Task inputs START
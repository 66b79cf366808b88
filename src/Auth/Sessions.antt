-- ===== src/Auth/Sessions.antt =====
-- Who can sign in after a registration, and after the deletion of an account.
use contractor_reviewer.Common.{
  String, true, false, not, ◌&&◌, ◌≡◌, sym, ap, ◌∙◌, ◌≢◌, inl, inr, arith, Option, none, some,
  Option-cases, Bool-cases, if◌then◌else◌, ◌==◌, any,
}
use contractor_reviewer.Entities.{User, user_key}
use contractor_reviewer.Workspace.{Tables, Db, Fresh, is_empty}
use contractor_reviewer.Workspace.Invitations.{normalize_email}
use contractor_reviewer.Repository.Lookup.{IsUniqueFor, find_one-insert}
use contractor_reviewer.Auth.{
  Services, RegisterDto, Session, Result, ok, err, invalid_credentials, session, new_user,
  has_email, has_id, register, validate_user, login, get_account, delete_account, is_only_owner,
  owns,
}
use text.Mathlib.TextEquality.{eq_iff}

module _ (S : Services) (T : Tables) where
  -- The answer to a sign-in with the right address: whether the password is the registered one.
  abbrev pub answer : String → User → Result Session
  answer password u =
      if S.compare password u.password_hash then ok (session S u) else err invalid_credentials

  found-register :
      (f : Fresh) (dto : RegisterDto) (db : Db T) (e : String)
      → IsUniqueFor user_key T.users (has_email S T e) db.users
      → T.users.at db.users f.user_id ≡ none
      → T.users.find_one (has_email S T dto.email) db.users ≡ none
      → T.users.find_one (has_email S T e) (register S T f dto db).1.users ≡ (
          if dto.email == e
          then some (new_user S T f dto)
          else T.users.find_one (has_email S T e) db.users)
  unfolding register
  found-register f dto db e unique fresh free =
      rw (free, register)
        (find_one-insert user_key T.users (has_email S T e) db.users (new_user S T f dto) unique
          fresh
          (λ q.
            ap (λ x. T.users.find_one (has_email S T x) db.users) (sym ((eq_iff dto.email e).0 q))
            ∙ free))

  -- If no account has the address of a registration, addresses are unique and the id for the new
  -- account is unused, then a sign-in after the registration is answered by the new account where
  -- the address typed, trimmed and in lower case, is the registered one and not empty, and as
  -- before the registration otherwise.
  pub login-register :
      (f : Fresh) (dto : RegisterDto) (db : Db T) (email : Option String) (password : String)
      → ((e : String) → IsUniqueFor user_key T.users (has_email S T e) db.users)
      → T.users.at db.users f.user_id ≡ none
      → T.users.find_one (has_email S T dto.email) db.users ≡ none
      → login S T email password (register S T f dto db).1 ≡ (
          if not (is_empty (normalize_email S.runtime T email))
            && dto.email == normalize_email S.runtime T email
          then answer password (new_user S T f dto)
          else login S T email password db)
  unfolding login validate_user
  login-register f dto db email password unique fresh free =
      let n = normalize_email S.runtime T email in
      elim (Bool-cases (is_empty n)) [
        | inl b ↦ ground (arith, b)
        | inr b ↦ elim (Bool-cases (dto.email == n)) [
          | inl c ↦ ground (arith, b, c, found-register f dto db n (unique n) fresh free)
          | inr c ↦ ground (arith, b, c, found-register f dto db n (unique n) fresh free)
        ]
      ]

  -- A session is given for a stored, active user whose password it is.
  pub login-Has :
      (db : Db T) (email : Option String) (password : String) (s : Session)
      → login S T email password db ≡ ok s
      → (u : User) × (T.users.at db.users u.id ≡ some u)
        × (u.is_active ≡ true)
        × (S.compare password u.password_hash ≡ true)
        × (s ≡ session S u)
  unfolding login validate_user
  login-Has db email password s e =
      let n = normalize_email S.runtime T email in
      elim (Bool-cases (is_empty n)) [
        | inl b ↦ absurd (ground (arith, b))
        | inr b ↦ elim (Option-cases (T.users.find_one (has_email S T n) db.users)) [
          | inl h ↦ absurd (ground (arith, b, h))
          | inr (u, h) ↦ elim (Bool-cases u.is_active) [
            | inr a ↦ absurd (ground (arith, b, h, a))
            | inl a ↦ elim (Bool-cases (S.compare password u.password_hash)) [
              | inr c ↦ absurd (ground (arith, b, h, a, c))
              | inl c ↦
                  (u, (T.users.find_one_sound _ db.users u h).0, a, c, ground (arith, b, h, a, c))
            ]
          ]
        ]
      ]

  -- No active user is left under the id.
  abbrev pub IsOut : String → Db T → Type 0
  IsOut user db = (u : User) → T.users.at db.users user ≡ some u → u.is_active ≡ false

  pub delete_account-IsOut : (user : String) (db : Db T) → IsOut user (delete_account S T user db).1
  unfolding delete_account
  delete_account-IsOut user db v h =
      elim (Option-cases (T.users.find_one (has_id S T user) db.users)) [
        | inl e ↦ absurd (
            ground (
              arith,
              e,
              h,
              T.users.key-at db.users user v,
              T.users.find_one_complete (has_id S T user) db.users user v e,
              eq_iff v.id user,
            ))
        | inr (u, e) ↦
            let (hu, b) = T.users.find_one_sound (has_id S T user) db.users u e in
            elim (Bool-cases
              (any (is_only_owner S T db) (T.members.find (owns S T user) db.members))) [
                | inl o ↦ ground (
                  arith,
                  e,
                  o,
                  h,
                  b,
                  T.users.at-save (record u { is_active = false }) db.users user,
                )
                | inr o ↦ absurd (ground (arith, e, o, h, b, T.users.at-remove u db.users user))
              ]
      ]

  get_account-IsOut : (user : String) (db : Db T) → IsOut user db → get_account S T user db ≡ none
  unfolding get_account
  get_account-IsOut user db out =
      elim (Option-cases (T.users.find_one (has_id S T user) db.users)) [
        | inl e ↦ ground (arith, e)
        | inr (u, e) ↦
            let (h, b) = T.users.find_one_sound (has_id S T user) db.users u e in
            ground (arith, e, out u (rw (sym ((eq_iff u.id user).0 b)) h))
      ]

  -- After a deletion of an account, refused or not, nobody signs in as the user, whatever the
  -- address and the password, and the account is not shown.
  pub delete_account-shut :
      (user : String) (db : Db T)
      → ((email : Option String) (password : String) (s : Session)
          → login S T email password (delete_account S T user db).1 ≡ ok s
          → s.user.id ≢ user)
        × (get_account S T user (delete_account S T user db).1 ≡ none)
  delete_account-shut user db =
      let out = delete_account-IsOut user db in
      (
        λ email password s e k.
            let (u, h, a, c, q) = login-Has (delete_account S T user db).1 email password s e in
            let id : u.id ≡ user = sym (ap (λ (x : Session). x.user.id) q) ∙ k in
            ground
              (arith, a, out u (ap (T.users.at (delete_account S T user db).1.users) (sym id) ∙ h)),
        get_account-IsOut user (delete_account S T user db).1 out,
      )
Task inputs END
> What you need to do:
Tell how many lines of the data include the word "some", without any other words.

> Solution below:
4